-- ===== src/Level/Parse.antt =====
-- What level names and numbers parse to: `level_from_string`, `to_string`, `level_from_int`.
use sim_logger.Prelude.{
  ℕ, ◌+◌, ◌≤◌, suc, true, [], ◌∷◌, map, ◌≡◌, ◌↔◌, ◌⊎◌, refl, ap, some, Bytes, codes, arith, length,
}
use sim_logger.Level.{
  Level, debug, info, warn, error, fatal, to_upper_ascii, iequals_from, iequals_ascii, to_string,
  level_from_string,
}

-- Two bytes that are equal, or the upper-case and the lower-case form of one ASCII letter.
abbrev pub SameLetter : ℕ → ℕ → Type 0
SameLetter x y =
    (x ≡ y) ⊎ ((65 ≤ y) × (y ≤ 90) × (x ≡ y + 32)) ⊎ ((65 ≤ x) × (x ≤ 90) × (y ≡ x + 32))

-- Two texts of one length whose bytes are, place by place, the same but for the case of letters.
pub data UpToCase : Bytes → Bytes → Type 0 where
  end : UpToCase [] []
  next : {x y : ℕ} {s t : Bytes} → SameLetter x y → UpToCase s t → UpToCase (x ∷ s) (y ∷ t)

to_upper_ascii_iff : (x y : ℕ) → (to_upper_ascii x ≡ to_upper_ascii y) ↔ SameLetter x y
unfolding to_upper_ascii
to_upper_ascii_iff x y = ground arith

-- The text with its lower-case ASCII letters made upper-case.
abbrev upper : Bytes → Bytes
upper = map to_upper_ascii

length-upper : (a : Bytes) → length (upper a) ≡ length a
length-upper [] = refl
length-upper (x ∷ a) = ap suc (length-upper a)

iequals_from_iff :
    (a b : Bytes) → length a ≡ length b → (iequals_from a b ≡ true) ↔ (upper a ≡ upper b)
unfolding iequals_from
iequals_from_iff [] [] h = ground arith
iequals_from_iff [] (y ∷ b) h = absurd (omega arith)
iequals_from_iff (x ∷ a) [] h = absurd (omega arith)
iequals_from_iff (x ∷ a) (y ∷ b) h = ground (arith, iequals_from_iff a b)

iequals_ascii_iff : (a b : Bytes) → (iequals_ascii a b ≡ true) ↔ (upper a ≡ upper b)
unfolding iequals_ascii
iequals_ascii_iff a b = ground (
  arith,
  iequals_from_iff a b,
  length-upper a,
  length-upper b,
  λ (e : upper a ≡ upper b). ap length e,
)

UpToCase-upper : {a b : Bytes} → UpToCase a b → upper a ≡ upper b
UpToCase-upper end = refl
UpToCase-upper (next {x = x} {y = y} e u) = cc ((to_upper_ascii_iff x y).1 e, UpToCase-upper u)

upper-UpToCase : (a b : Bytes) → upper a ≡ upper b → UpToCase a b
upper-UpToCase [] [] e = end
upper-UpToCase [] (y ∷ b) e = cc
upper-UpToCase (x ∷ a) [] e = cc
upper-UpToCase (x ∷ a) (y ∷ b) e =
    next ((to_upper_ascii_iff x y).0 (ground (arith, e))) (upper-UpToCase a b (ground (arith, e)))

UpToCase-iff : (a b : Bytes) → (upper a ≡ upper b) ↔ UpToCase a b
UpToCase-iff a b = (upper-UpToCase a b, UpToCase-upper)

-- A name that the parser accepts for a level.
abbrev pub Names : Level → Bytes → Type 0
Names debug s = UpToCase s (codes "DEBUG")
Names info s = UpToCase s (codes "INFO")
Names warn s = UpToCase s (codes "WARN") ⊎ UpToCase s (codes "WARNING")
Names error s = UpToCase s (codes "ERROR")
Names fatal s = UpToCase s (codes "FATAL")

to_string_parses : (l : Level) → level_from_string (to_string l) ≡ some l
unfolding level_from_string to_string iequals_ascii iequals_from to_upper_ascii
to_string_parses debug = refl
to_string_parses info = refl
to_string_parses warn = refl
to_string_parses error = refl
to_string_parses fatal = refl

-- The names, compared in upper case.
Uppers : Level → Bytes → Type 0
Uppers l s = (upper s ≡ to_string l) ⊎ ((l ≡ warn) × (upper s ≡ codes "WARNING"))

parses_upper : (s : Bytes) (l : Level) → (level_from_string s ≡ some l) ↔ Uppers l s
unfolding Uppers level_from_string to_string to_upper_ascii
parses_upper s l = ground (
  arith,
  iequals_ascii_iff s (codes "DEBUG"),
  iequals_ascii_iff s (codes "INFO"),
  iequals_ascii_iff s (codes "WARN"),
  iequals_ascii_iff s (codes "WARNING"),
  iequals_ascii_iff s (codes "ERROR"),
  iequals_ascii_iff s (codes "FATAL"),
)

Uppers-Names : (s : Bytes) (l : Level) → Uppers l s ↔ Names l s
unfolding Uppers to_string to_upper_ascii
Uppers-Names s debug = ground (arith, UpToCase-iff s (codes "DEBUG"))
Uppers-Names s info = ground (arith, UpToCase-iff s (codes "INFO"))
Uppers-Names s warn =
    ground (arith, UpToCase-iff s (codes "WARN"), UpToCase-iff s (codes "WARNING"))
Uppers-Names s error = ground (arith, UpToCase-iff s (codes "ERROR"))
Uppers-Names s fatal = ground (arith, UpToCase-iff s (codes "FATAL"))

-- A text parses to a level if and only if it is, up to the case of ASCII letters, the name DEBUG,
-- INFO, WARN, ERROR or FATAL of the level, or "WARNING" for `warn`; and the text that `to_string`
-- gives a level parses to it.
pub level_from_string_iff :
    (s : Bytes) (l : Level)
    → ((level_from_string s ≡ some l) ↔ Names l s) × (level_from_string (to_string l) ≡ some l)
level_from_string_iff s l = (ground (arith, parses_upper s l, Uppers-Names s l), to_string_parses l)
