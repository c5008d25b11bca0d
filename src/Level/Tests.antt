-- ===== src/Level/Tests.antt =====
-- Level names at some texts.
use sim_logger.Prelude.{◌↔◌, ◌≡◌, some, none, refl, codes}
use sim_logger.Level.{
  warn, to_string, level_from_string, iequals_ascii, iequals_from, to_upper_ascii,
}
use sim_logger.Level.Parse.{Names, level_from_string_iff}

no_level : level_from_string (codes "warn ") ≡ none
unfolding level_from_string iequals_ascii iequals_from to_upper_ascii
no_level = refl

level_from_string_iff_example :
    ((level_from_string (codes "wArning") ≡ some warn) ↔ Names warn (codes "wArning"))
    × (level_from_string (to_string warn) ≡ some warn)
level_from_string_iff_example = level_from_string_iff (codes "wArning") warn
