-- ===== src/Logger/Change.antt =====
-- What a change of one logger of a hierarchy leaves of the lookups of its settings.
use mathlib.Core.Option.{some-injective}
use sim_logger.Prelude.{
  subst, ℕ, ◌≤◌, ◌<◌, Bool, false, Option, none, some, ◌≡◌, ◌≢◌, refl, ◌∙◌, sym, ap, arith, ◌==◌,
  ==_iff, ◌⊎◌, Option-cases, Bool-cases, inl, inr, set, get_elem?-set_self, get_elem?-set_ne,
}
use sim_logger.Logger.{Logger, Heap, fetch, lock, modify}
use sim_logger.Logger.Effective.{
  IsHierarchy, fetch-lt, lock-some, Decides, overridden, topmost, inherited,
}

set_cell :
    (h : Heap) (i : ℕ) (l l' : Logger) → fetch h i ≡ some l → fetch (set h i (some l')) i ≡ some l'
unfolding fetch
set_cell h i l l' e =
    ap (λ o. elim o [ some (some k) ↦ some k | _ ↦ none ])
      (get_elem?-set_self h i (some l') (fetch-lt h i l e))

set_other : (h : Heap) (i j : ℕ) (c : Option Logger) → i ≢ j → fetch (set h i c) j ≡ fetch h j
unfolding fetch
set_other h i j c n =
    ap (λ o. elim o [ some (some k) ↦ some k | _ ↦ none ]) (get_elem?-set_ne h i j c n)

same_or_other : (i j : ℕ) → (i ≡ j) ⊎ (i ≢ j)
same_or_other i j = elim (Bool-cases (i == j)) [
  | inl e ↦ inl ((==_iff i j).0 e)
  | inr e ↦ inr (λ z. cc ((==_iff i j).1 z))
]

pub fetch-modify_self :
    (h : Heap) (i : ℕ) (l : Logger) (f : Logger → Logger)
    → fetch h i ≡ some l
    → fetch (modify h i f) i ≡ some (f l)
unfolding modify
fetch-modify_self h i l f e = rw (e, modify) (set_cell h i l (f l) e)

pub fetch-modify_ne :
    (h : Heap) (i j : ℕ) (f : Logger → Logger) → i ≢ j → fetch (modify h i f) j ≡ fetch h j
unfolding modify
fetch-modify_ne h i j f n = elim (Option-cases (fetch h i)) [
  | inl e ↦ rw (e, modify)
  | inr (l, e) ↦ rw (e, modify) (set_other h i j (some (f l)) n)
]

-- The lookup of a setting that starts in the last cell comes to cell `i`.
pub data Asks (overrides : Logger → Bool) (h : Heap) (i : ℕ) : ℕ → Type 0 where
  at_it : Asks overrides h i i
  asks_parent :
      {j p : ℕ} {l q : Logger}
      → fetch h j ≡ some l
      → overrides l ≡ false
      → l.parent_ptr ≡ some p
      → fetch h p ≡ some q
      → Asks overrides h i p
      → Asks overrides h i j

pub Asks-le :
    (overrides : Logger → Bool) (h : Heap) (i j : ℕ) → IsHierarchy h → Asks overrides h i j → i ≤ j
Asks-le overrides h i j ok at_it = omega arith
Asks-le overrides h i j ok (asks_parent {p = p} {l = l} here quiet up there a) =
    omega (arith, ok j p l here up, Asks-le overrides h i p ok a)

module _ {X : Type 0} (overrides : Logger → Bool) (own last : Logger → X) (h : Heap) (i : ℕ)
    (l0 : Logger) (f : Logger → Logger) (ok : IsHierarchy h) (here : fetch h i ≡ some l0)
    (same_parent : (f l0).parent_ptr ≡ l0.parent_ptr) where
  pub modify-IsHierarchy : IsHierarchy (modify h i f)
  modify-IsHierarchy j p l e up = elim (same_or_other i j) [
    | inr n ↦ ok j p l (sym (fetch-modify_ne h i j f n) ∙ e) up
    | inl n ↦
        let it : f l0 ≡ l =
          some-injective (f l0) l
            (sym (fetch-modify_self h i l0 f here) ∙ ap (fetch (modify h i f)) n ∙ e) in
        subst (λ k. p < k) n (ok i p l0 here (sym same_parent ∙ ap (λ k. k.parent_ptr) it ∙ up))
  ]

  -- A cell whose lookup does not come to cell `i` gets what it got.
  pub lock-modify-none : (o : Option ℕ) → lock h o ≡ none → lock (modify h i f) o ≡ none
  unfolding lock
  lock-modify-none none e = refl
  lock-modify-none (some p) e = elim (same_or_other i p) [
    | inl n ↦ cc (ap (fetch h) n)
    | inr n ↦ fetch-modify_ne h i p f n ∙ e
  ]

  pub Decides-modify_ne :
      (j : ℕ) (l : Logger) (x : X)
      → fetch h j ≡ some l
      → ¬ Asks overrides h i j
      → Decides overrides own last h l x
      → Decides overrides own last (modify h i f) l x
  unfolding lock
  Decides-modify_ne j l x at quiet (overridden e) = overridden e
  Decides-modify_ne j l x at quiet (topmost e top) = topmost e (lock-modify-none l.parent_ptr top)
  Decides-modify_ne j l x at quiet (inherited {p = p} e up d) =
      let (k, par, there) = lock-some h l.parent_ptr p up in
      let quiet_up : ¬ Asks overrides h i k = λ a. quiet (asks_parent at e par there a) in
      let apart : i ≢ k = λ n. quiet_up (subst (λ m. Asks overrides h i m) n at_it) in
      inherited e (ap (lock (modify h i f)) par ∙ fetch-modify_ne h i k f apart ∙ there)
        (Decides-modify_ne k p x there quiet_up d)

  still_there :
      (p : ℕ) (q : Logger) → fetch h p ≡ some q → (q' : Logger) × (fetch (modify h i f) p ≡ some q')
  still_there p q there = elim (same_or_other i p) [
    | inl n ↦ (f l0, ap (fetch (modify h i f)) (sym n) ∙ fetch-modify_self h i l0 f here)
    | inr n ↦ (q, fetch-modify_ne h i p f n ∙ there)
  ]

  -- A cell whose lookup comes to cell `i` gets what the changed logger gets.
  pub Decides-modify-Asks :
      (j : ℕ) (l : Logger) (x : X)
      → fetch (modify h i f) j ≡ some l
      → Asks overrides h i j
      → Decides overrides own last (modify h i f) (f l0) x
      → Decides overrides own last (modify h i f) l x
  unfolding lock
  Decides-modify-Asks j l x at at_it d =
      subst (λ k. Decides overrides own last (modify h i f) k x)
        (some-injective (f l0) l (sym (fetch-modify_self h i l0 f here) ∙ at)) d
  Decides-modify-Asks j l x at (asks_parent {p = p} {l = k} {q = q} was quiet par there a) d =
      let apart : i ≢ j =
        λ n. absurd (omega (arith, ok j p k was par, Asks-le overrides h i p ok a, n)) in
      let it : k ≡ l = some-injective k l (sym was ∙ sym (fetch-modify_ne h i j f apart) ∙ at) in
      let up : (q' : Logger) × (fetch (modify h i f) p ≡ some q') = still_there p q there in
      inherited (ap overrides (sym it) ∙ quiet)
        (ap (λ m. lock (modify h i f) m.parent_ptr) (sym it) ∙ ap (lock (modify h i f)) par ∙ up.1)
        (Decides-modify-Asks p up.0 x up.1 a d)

PROMPT:
Would you please filter the lines above and copy every one that includes "lower"?

EXPECTED ANSWER:
-- Two bytes that are equal, or the upper-case and the lower-case form of one ASCII letter.
-- The text with its lower-case ASCII letters made upper-case.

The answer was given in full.